Please copy, exactly as they appear below, the lines from the one containing "(oob : ℕ) (d : List ℕ) (p q" through the one containing "load_be32-store_below oob d p".
::::::::::
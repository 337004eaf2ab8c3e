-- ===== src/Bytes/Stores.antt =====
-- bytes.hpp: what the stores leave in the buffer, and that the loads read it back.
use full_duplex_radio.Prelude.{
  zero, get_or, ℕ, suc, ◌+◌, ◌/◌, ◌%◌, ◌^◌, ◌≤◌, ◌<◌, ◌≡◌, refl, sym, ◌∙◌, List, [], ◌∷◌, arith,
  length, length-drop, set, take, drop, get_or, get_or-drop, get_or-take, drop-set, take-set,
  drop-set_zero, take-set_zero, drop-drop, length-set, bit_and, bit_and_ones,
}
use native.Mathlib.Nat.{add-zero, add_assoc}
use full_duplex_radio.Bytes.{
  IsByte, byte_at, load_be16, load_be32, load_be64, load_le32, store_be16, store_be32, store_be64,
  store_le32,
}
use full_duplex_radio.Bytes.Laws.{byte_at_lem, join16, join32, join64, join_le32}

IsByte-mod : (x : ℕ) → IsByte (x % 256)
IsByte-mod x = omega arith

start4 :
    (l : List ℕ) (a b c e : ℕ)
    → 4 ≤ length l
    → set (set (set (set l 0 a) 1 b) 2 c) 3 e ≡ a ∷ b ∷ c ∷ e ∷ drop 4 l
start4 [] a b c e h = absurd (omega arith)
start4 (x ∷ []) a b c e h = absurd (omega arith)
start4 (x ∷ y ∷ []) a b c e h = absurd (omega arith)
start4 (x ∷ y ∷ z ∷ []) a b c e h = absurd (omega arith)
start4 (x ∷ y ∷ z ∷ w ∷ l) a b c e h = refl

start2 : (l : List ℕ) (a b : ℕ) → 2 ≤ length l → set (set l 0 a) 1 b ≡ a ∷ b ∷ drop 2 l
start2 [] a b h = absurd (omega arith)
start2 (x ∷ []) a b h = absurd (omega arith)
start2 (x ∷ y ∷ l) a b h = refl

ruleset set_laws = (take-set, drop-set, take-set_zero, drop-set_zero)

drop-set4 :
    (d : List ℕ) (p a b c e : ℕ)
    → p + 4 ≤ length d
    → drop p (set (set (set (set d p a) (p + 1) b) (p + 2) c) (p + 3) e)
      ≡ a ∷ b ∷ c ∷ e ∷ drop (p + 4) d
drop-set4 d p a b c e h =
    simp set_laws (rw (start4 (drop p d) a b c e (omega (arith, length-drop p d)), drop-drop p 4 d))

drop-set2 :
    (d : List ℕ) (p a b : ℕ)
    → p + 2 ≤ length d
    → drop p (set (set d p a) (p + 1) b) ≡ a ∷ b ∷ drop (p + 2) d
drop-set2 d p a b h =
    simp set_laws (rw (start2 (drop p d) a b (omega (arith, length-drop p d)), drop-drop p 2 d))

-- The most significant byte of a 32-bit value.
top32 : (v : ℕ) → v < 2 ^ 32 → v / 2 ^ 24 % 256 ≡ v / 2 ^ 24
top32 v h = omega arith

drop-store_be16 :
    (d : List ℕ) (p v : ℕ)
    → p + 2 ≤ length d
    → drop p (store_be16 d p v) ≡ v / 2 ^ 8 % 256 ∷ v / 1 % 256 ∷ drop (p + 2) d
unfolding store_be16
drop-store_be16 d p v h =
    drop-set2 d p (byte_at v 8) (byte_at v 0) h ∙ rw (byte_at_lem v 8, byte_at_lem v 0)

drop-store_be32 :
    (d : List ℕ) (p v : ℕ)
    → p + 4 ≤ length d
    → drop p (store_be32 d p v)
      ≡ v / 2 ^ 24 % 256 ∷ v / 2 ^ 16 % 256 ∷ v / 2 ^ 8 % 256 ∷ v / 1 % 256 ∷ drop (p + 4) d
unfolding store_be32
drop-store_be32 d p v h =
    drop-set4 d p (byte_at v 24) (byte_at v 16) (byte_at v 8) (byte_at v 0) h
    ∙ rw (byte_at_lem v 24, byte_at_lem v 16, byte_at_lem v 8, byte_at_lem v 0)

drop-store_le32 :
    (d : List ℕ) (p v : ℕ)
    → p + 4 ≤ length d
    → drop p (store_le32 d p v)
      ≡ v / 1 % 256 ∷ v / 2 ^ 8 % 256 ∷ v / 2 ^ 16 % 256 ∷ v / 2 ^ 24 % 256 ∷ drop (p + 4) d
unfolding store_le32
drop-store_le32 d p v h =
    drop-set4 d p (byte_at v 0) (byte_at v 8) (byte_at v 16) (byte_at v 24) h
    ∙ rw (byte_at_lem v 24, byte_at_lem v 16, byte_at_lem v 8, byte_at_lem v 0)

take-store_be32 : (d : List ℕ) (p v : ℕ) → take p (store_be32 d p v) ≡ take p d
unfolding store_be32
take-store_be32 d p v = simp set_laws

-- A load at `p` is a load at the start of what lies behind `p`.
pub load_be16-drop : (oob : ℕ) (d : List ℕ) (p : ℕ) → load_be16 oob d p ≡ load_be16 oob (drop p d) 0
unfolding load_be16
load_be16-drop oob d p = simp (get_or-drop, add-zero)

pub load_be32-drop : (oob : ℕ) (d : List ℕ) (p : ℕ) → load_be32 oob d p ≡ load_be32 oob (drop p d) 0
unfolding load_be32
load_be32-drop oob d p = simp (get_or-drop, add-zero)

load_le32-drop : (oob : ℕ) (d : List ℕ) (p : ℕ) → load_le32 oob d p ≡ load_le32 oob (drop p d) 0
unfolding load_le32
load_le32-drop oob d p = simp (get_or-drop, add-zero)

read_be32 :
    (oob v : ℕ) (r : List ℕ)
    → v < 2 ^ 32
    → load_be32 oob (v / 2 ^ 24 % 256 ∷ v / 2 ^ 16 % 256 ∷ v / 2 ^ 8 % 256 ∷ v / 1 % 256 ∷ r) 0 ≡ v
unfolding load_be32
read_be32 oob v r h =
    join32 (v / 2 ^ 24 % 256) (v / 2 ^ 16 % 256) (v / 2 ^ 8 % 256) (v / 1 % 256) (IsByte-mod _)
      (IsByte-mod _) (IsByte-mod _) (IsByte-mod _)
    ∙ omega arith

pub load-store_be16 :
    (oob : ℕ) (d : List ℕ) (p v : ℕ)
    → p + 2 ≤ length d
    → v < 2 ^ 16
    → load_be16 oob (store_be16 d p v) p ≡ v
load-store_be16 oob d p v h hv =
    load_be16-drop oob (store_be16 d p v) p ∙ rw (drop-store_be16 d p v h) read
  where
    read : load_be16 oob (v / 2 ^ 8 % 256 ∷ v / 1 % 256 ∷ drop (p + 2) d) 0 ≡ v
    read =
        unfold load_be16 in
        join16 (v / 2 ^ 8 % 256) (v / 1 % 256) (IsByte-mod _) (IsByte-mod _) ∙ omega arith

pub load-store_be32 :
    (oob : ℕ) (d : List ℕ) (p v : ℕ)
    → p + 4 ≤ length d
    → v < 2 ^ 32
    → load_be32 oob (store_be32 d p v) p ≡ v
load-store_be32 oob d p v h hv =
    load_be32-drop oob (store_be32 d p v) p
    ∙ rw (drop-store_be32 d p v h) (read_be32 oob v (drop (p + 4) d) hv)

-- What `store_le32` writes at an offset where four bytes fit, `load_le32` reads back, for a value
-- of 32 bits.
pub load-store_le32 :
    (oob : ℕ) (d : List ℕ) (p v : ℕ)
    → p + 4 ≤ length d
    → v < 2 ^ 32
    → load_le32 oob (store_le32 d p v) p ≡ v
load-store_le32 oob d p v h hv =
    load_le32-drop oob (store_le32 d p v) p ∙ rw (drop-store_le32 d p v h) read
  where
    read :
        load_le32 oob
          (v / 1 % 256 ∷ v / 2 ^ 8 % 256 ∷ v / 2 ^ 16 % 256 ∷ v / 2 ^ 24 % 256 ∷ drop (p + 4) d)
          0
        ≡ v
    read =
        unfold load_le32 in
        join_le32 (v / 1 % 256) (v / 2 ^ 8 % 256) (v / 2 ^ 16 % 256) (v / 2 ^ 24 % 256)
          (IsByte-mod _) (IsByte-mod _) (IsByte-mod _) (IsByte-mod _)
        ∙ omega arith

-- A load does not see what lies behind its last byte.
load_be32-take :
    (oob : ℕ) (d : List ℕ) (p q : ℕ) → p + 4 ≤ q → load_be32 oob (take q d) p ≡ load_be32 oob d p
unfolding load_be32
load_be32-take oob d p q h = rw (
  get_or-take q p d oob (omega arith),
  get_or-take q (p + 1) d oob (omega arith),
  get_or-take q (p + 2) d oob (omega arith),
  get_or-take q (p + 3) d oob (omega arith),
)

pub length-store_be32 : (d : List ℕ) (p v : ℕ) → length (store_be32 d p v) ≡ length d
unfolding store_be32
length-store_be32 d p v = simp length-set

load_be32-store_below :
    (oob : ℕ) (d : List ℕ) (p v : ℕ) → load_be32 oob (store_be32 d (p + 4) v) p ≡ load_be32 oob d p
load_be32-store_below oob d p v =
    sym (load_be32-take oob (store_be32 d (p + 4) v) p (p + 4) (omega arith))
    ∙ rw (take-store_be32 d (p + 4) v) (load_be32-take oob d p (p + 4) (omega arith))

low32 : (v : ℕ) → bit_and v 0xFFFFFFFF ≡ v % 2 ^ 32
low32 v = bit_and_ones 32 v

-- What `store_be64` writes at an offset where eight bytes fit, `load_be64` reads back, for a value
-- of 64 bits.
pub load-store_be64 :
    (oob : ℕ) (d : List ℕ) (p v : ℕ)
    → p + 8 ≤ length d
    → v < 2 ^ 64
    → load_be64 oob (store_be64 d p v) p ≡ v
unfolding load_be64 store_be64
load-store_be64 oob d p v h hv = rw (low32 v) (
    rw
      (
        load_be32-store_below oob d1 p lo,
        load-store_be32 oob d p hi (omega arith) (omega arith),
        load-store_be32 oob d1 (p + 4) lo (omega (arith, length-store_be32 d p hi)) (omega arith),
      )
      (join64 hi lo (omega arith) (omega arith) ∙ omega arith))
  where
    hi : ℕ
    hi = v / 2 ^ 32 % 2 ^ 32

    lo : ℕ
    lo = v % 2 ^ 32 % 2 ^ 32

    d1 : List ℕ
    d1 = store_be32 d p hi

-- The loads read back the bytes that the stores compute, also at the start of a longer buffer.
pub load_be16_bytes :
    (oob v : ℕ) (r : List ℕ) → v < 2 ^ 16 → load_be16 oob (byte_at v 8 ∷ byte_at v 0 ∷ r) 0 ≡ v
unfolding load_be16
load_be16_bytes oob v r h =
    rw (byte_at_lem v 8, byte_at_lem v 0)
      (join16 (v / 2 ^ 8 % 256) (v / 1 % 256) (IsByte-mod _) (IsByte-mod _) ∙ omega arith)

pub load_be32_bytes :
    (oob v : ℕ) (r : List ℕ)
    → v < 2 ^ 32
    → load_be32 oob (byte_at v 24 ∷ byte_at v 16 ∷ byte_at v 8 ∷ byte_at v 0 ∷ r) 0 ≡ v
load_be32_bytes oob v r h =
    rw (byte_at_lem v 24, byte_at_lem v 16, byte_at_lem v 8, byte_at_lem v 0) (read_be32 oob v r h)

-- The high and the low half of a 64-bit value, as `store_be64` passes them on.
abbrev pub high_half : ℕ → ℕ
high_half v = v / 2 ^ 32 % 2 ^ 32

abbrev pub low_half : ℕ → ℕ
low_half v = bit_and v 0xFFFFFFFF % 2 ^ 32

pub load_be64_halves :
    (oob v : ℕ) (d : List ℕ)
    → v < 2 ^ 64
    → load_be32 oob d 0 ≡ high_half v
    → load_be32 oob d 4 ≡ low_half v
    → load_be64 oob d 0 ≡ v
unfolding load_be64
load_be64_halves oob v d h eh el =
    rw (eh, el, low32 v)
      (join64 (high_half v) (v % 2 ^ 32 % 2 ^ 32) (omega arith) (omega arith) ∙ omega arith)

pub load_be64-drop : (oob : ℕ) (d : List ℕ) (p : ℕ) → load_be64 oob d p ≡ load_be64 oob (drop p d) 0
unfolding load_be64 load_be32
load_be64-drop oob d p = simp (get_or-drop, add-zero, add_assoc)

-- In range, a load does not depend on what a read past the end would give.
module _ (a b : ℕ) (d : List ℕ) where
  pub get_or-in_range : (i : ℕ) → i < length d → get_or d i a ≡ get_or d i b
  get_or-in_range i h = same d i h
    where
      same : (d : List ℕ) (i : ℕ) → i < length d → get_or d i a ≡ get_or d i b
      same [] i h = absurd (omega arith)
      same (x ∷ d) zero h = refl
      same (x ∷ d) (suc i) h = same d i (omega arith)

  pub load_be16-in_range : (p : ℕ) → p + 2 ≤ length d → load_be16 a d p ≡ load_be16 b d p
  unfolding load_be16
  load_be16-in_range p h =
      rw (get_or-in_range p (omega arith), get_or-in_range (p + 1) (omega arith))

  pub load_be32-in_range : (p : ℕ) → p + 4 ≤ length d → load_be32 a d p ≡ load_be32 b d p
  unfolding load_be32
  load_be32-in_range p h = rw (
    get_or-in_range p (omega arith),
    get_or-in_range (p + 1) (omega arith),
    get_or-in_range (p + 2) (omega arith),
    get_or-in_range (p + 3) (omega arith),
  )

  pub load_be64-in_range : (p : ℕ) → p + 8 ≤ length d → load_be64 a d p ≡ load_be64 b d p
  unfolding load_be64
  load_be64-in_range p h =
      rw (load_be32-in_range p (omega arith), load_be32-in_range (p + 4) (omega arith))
::::::::::
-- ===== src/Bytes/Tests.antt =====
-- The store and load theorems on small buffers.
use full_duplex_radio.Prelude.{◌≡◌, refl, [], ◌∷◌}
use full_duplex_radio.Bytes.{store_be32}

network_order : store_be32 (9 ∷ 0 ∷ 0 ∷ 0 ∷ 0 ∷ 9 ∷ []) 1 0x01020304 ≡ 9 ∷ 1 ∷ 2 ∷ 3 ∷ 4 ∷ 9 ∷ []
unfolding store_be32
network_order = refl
::::::::::
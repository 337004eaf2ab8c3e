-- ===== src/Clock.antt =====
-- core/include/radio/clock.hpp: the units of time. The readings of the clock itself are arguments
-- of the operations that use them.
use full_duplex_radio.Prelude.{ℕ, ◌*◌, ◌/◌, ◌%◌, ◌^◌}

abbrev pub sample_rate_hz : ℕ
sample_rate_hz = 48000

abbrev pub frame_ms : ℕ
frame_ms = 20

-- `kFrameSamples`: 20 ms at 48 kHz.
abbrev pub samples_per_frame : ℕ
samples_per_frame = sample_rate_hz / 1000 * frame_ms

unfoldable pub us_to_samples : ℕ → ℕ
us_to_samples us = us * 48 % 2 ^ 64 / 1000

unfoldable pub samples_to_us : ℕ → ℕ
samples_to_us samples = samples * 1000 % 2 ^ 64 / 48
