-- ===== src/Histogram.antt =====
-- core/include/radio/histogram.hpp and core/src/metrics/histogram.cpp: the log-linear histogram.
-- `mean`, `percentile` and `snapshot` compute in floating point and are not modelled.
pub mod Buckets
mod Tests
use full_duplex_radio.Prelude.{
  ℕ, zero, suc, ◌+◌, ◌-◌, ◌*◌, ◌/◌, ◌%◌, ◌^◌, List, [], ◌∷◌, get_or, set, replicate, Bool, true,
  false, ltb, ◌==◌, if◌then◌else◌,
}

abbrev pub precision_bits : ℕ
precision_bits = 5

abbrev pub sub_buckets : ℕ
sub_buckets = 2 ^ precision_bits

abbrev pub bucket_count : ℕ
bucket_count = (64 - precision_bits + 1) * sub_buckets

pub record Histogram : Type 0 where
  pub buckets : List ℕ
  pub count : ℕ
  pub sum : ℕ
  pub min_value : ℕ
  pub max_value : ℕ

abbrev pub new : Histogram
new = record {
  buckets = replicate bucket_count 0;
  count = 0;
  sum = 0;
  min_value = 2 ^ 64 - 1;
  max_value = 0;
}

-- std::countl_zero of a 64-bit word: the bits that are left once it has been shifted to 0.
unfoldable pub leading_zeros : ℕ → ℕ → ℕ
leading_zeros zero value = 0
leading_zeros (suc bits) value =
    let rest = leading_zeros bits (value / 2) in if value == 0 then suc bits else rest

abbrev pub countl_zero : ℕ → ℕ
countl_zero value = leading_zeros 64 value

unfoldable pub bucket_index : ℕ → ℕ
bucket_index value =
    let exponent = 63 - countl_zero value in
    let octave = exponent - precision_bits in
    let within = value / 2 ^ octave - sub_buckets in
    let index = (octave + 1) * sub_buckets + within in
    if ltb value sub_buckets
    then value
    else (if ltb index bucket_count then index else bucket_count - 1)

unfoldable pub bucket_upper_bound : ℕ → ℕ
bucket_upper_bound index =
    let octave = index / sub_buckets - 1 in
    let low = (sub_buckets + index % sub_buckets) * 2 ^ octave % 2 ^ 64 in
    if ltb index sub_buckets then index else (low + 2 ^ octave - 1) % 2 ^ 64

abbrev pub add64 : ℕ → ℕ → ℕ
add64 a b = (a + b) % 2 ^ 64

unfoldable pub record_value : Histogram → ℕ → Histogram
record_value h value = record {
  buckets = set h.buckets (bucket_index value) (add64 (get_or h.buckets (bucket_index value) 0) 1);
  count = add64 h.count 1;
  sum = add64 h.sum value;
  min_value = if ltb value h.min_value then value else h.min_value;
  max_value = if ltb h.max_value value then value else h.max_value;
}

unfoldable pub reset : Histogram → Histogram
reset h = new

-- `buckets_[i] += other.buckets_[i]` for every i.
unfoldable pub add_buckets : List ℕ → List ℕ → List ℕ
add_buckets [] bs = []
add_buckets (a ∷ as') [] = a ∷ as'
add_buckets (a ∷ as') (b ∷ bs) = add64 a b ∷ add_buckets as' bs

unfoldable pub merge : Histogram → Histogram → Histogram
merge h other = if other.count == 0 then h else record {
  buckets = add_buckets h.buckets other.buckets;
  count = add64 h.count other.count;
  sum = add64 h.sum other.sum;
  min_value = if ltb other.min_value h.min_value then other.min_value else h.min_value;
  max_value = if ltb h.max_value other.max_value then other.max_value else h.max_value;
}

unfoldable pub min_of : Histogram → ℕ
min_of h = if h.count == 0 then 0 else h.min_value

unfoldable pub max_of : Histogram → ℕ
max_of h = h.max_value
::::::::::
- RESPONSE BOX -
    (oob : ℕ) (d : List ℕ) (p q : ℕ) → p + 4 ≤ q → load_be32 oob (take q d) p ≡ load_be32 oob d p
unfolding load_be32
load_be32-take oob d p q h = rw (
  get_or-take q p d oob (omega arith),
  get_or-take q (p + 1) d oob (omega arith),
  get_or-take q (p + 2) d oob (omega arith),
  get_or-take q (p + 3) d oob (omega arith),
)

pub length-store_be32 : (d : List ℕ) (p v : ℕ) → length (store_be32 d p v) ≡ length d
unfolding store_be32
length-store_be32 d p v = simp length-set

load_be32-store_below :
    (oob : ℕ) (d : List ℕ) (p v : ℕ) → load_be32 oob (store_be32 d (p + 4) v) p ≡ load_be32 oob d p
load_be32-store_below oob d p v =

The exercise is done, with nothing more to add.